(JW Insights) Nov 3 -- The Nvidia GeForce RTX 4090, the fastest currently available consumer graphics card and one of the best graphics cards around, will no longer be available for export to China starting November 17, 2023, Tom’s Hardware reported.
The RTX 4090 appears to be a perhaps unintended casualty of the U.S. attempts to deny China (and certain other countries) access to advanced technologies. Such sanctions make more sense for data center parts like the H100, H800, A100, A800, L40, and L40S. However, given those last two utilize the same AD102 silicon found in the RTX 4090 (and RTX 6000 Ada Generation), it becomes necessary to apply the same restrictions to consumer parts.
Tom’s Hardware has previously reported on increasing prices of the RTX 4090 in China, and that's having something of a knock-on effect in raising 4090 prices domestically. That seems a bit counter-intuitive. Shouldn't the export restrictions on the RTX 4090 make it more readily available in other regions? But there may be other routes to getting GPUs into China, and the potential to buy 4090 cards at $1,600 and sell them for more than double that in China will inevitably tempt a certain clientele.

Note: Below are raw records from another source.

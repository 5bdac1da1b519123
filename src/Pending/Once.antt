-- ===== src/Pending/Once.antt =====
-- A promise is settled at most once, and no promise that waits was settled.
use l4_ide.Prelude.{
  ℕ, suc, ◌+◌, ◌≤◌, ◌<◌, Bool, true, false, Option, some, List, [], ◌∷◌, ◌++◌, ◌≡◌, refl, arith,
  ◌==◌, ==_true, Map, get, set, nat_key, Option-cases, inl, inr,
}
use Prim.Native.String.{String}
use l4_ide.Pending.{
  PendingInteractions, Waiting, Early, ToolCallContext, Settlement, Decision, deny, decided,
  replied, delete, request_approval, decide, ask_user, answer, keep_where, settle_where,
  cancel_where, cancel_conversation, cancel_turn, cancel_all, new_pending,
}

abbrev pub one : Bool → ℕ
one true = 1
one false = 0

-- How many entries of the map wait with the promise.
abbrev pub waits : ℕ → Map ℕ Waiting → ℕ
waits p [] = 0
waits p ((k, w) ∷ m) = one (w.promise == p) + waits p m

-- How often the promise was settled.
abbrev pub times : ℕ → List (ℕ × Settlement) → ℕ
times p [] = 0
times p ((q, how) ∷ log) = one (q == p) + times p log

abbrev pub uses : ℕ → PendingInteractions → ℕ
uses p s = waits p s.approvals + waits p s.questions + times p s.settled

-- Each promise stands in at most one place, and those that are not yet made in none.
pub record IsOnce (s : PendingInteractions) : Type 0 where
  pub once : (p : ℕ) → uses p s ≤ 1
  pub unmade : (p : ℕ) → s.made ≤ p → uses p s ≡ 0

pub times-append : (p : ℕ) (a b : List (ℕ × Settlement)) → times p (a ++ b) ≡ times p a + times p b
times-append p [] b = omega arith
times-append p ((q, how) ∷ a) b = omega (arith, times-append p a b)

waits-delete : (p k : ℕ) (m : Map ℕ Waiting) → waits p (delete k m) ≤ waits p m
unfolding delete
waits-delete p k [] = omega arith
waits-delete p k ((j, w) ∷ m) = ground (arith, waits-delete p k m)

waits-delete_found :
    (p k : ℕ) (w : Waiting) (m : Map ℕ Waiting)
    → get k m ≡ some w
    → waits p (delete k m) + one (w.promise == p) ≡ waits p m
unfolding delete get
waits-delete_found p k w [] h = cc
waits-delete_found p k w ((j, v) ∷ m) h = ground (arith, waits-delete_found p k w m)

waits-set :
    (p k : ℕ) (w : Waiting) (m : Map ℕ Waiting)
    → waits p (set k w m) ≤ waits p m + one (w.promise == p)
unfolding set
waits-set p k w [] = omega arith
waits-set p k w ((j, v) ∷ m) = ground (arith, waits-set p k w m)

waits-keep_where :
    (p : ℕ) (hit : ToolCallContext → Bool) (how : Settlement) (m : Map ℕ Waiting)
    → waits p (keep_where hit m) + times p (settle_where hit how m) ≡ waits p m
unfolding keep_where settle_where
waits-keep_where p hit how [] = omega arith
waits-keep_where p hit how ((k, w) ∷ m) = ground (arith, waits-keep_where p hit how m)

IsOnce-made :
    {s t : PendingInteractions}
    → ((p : ℕ) → uses p t ≤ uses p s + one (s.made == p))
    → t.made ≡ suc s.made
    → IsOnce s
    → IsOnce t
IsOnce-made {s} {t} h m o = record {
  once = λ p. at_most p (h p) (o.once p) (o.unmade p);
  unmade = λ p le. none_yet p (h p) (o.unmade p) (omega (arith, m, le));
}
  where
    at_most :
        (p : ℕ)
        → uses p t ≤ uses p s + one (s.made == p)
        → uses p s ≤ 1
        → (s.made ≤ p → uses p s ≡ 0)
        → uses p t ≤ 1
    at_most p g a b = ground (arith, ==_true s.made p)

    none_yet :
        (p : ℕ)
        → uses p t ≤ uses p s + one (s.made == p)
        → (s.made ≤ p → uses p s ≡ 0)
        → s.made < p
        → uses p t ≡ 0
    none_yet p g a lt = ground (arith, ==_true s.made p)

IsOnce-kept :
    {s t : PendingInteractions}
    → ((p : ℕ) → uses p t ≤ uses p s)
    → t.made ≡ s.made
    → IsOnce s
    → IsOnce t
IsOnce-kept h m o = record {
  once = λ p. omega (arith, h p, o.once p);
  unmade = λ p le. omega (arith, h p, o.unmade p (omega (arith, m, le)));
}

request_approval-IsOnce :
    (k : ℕ) (ctx : ToolCallContext) (s : PendingInteractions)
    → IsOnce s
    → IsOnce (request_approval k ctx s).1
unfolding request_approval
request_approval-IsOnce k ctx s o = elim (Option-cases (get k s.early)) [
  | inl none_early ↦ rw none_early (
      IsOnce-made
        (λ p. omega (arith, waits-set p k (record { promise = s.made; ctx = ctx }) s.approvals))
        refl o)
  | inr (e, found) ↦ rw found (
      IsOnce-made (λ p. omega (arith, times-append p s.settled ((s.made, decided e.decision) ∷ [])))
        refl o)
]

decide-IsOnce :
    (k : ℕ) (d : Decision) (c : Option ℕ) (s : PendingInteractions)
    → IsOnce s
    → IsOnce (decide k d c s).1
unfolding decide
decide-IsOnce k d c s o = elim (Option-cases (get k s.approvals)) [
  | inl absent ↦ rw (absent, decide) (IsOnce-kept (λ p. omega arith) refl o)
  | inr (w, found) ↦
      rw (found, decide)
        (IsOnce-kept
          (λ p. omega (
            arith,
            times-append p s.settled ((w.promise, decided d) ∷ []),
            waits-delete_found p k w s.approvals found,
          ))
          refl o)
]

ask_user-IsOnce :
    (k : ℕ) (ctx : ToolCallContext) (s : PendingInteractions)
    → IsOnce s
    → IsOnce (ask_user k ctx s).1
unfolding ask_user
ask_user-IsOnce k ctx s o =
    IsOnce-made
      (λ p. omega (arith, waits-set p k (record { promise = s.made; ctx = ctx }) s.questions)) refl
      o

answer-IsOnce :
    (k : ℕ) (text : String) (s : PendingInteractions) → IsOnce s → IsOnce (answer k text s).1
unfolding answer
answer-IsOnce k text s o = elim (Option-cases (get k s.questions)) [
  | inl absent ↦ rw (absent, answer) o
  | inr (w, found) ↦
      rw (found, answer)
        (IsOnce-kept
          (λ p. omega (
            arith,
            times-append p s.settled ((w.promise, replied text) ∷ []),
            waits-delete_found p k w s.questions found,
          ))
          refl o)
]

uses-cancel_where :
    (p : ℕ) (hit : ToolCallContext → Bool) (s : PendingInteractions)
    → uses p (cancel_where hit s).1
      ≡ waits p (keep_where hit s.approvals)
        + waits p (keep_where hit s.questions)
        + times p (
            s.settled
            ++ settle_where hit (decided deny) s.approvals
            ++ settle_where hit (replied "") s.questions)
unfolding cancel_where
uses-cancel_where p hit s = refl

cancel_where-IsOnce :
    (hit : ToolCallContext → Bool) (s : PendingInteractions)
    → IsOnce s
    → IsOnce (cancel_where hit s).1
unfolding cancel_where
cancel_where-IsOnce hit s o =
    let denied = settle_where hit (decided deny) s.approvals in
    let skipped = settle_where hit (replied "") s.questions in
    IsOnce-kept
      (λ p. omega (
        arith,
        uses-cancel_where p hit s,
        times-append p (s.settled ++ denied) skipped,
        times-append p s.settled denied,
        waits-keep_where p hit (decided deny) s.approvals,
        waits-keep_where p hit (replied "") s.questions,
      ))
      refl o

IsOnce-early :
    (s : PendingInteractions) (early : Map ℕ Early) → IsOnce s → IsOnce (record s { early = early })
IsOnce-early s early o = IsOnce-kept (λ p. omega arith) refl o

-- One call of an operation.
pub data Step : PendingInteractions → PendingInteractions → Type 0 where
  requested :
      (k : ℕ) (ctx : ToolCallContext) (s : PendingInteractions)
      → Step s (request_approval k ctx s).1
  decided_on :
      (k : ℕ) (d : Decision) (c : Option ℕ) (s : PendingInteractions) → Step s (decide k d c s).1
  asked : (k : ℕ) (ctx : ToolCallContext) (s : PendingInteractions) → Step s (ask_user k ctx s).1
  answered : (k : ℕ) (text : String) (s : PendingInteractions) → Step s (answer k text s).1
  conversation_cancelled : (c : ℕ) (s : PendingInteractions) → Step s (cancel_conversation c s).1
  turn_cancelled : (t : ℕ) (s : PendingInteractions) → Step s (cancel_turn t s).1
  all_cancelled : (s : PendingInteractions) → Step s (cancel_all s).1

-- What calls lead to from the new object.
pub data Reachable : PendingInteractions → Type 0 where
  start : Reachable new_pending
  after : {s t : PendingInteractions} → Reachable s → Step s t → Reachable t

Step-IsOnce : {s t : PendingInteractions} → Step s t → IsOnce s → IsOnce t
unfolding cancel_conversation cancel_turn cancel_all
Step-IsOnce (requested k ctx s) o = request_approval-IsOnce k ctx s o
Step-IsOnce (decided_on k d c s) o = decide-IsOnce k d c s o
Step-IsOnce (asked k ctx s) o = ask_user-IsOnce k ctx s o
Step-IsOnce (answered k text s) o = answer-IsOnce k text s o
Step-IsOnce (conversation_cancelled c s) o =
    cancel_where-IsOnce (λ ctx. ctx.conversation_id == c) _ (IsOnce-early s _ o)
Step-IsOnce (turn_cancelled t s) o =
    cancel_where-IsOnce (λ ctx. ctx.turn_id == t) _ (IsOnce-early s _ o)
Step-IsOnce (all_cancelled s) o = cancel_where-IsOnce (λ ctx. true) _ (IsOnce-early s _ o)

-- In every reachable state, each promise stands in at most one of these places, and there once: among
-- the waiting approvals, among the waiting questions, or among the settled ones. So no promise is
-- settled twice, and none that waits was settled. A promise that is not yet made stands in none.
pub Reachable-IsOnce : {s : PendingInteractions} → Reachable s → IsOnce s
Reachable-IsOnce start = record { once = λ p. omega arith; unmade = λ p le. refl }
Reachable-IsOnce (after r st) = Step-IsOnce st (Reachable-IsOnce r)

The Tom Hardware report noted that restricting exports of RTX 4090 cards to China also means that manufacturing of RTX 4090 cards in China also gets blocked. Third-party AIB (add-in board) partners, including Asus, Gigabyte, MSI, PNY, and more, would have to potentially shift all assembly of RTX 4090 products to other regions. There's a cost to doing the work elsewhere, and, conceivably, that would thus impact pricing.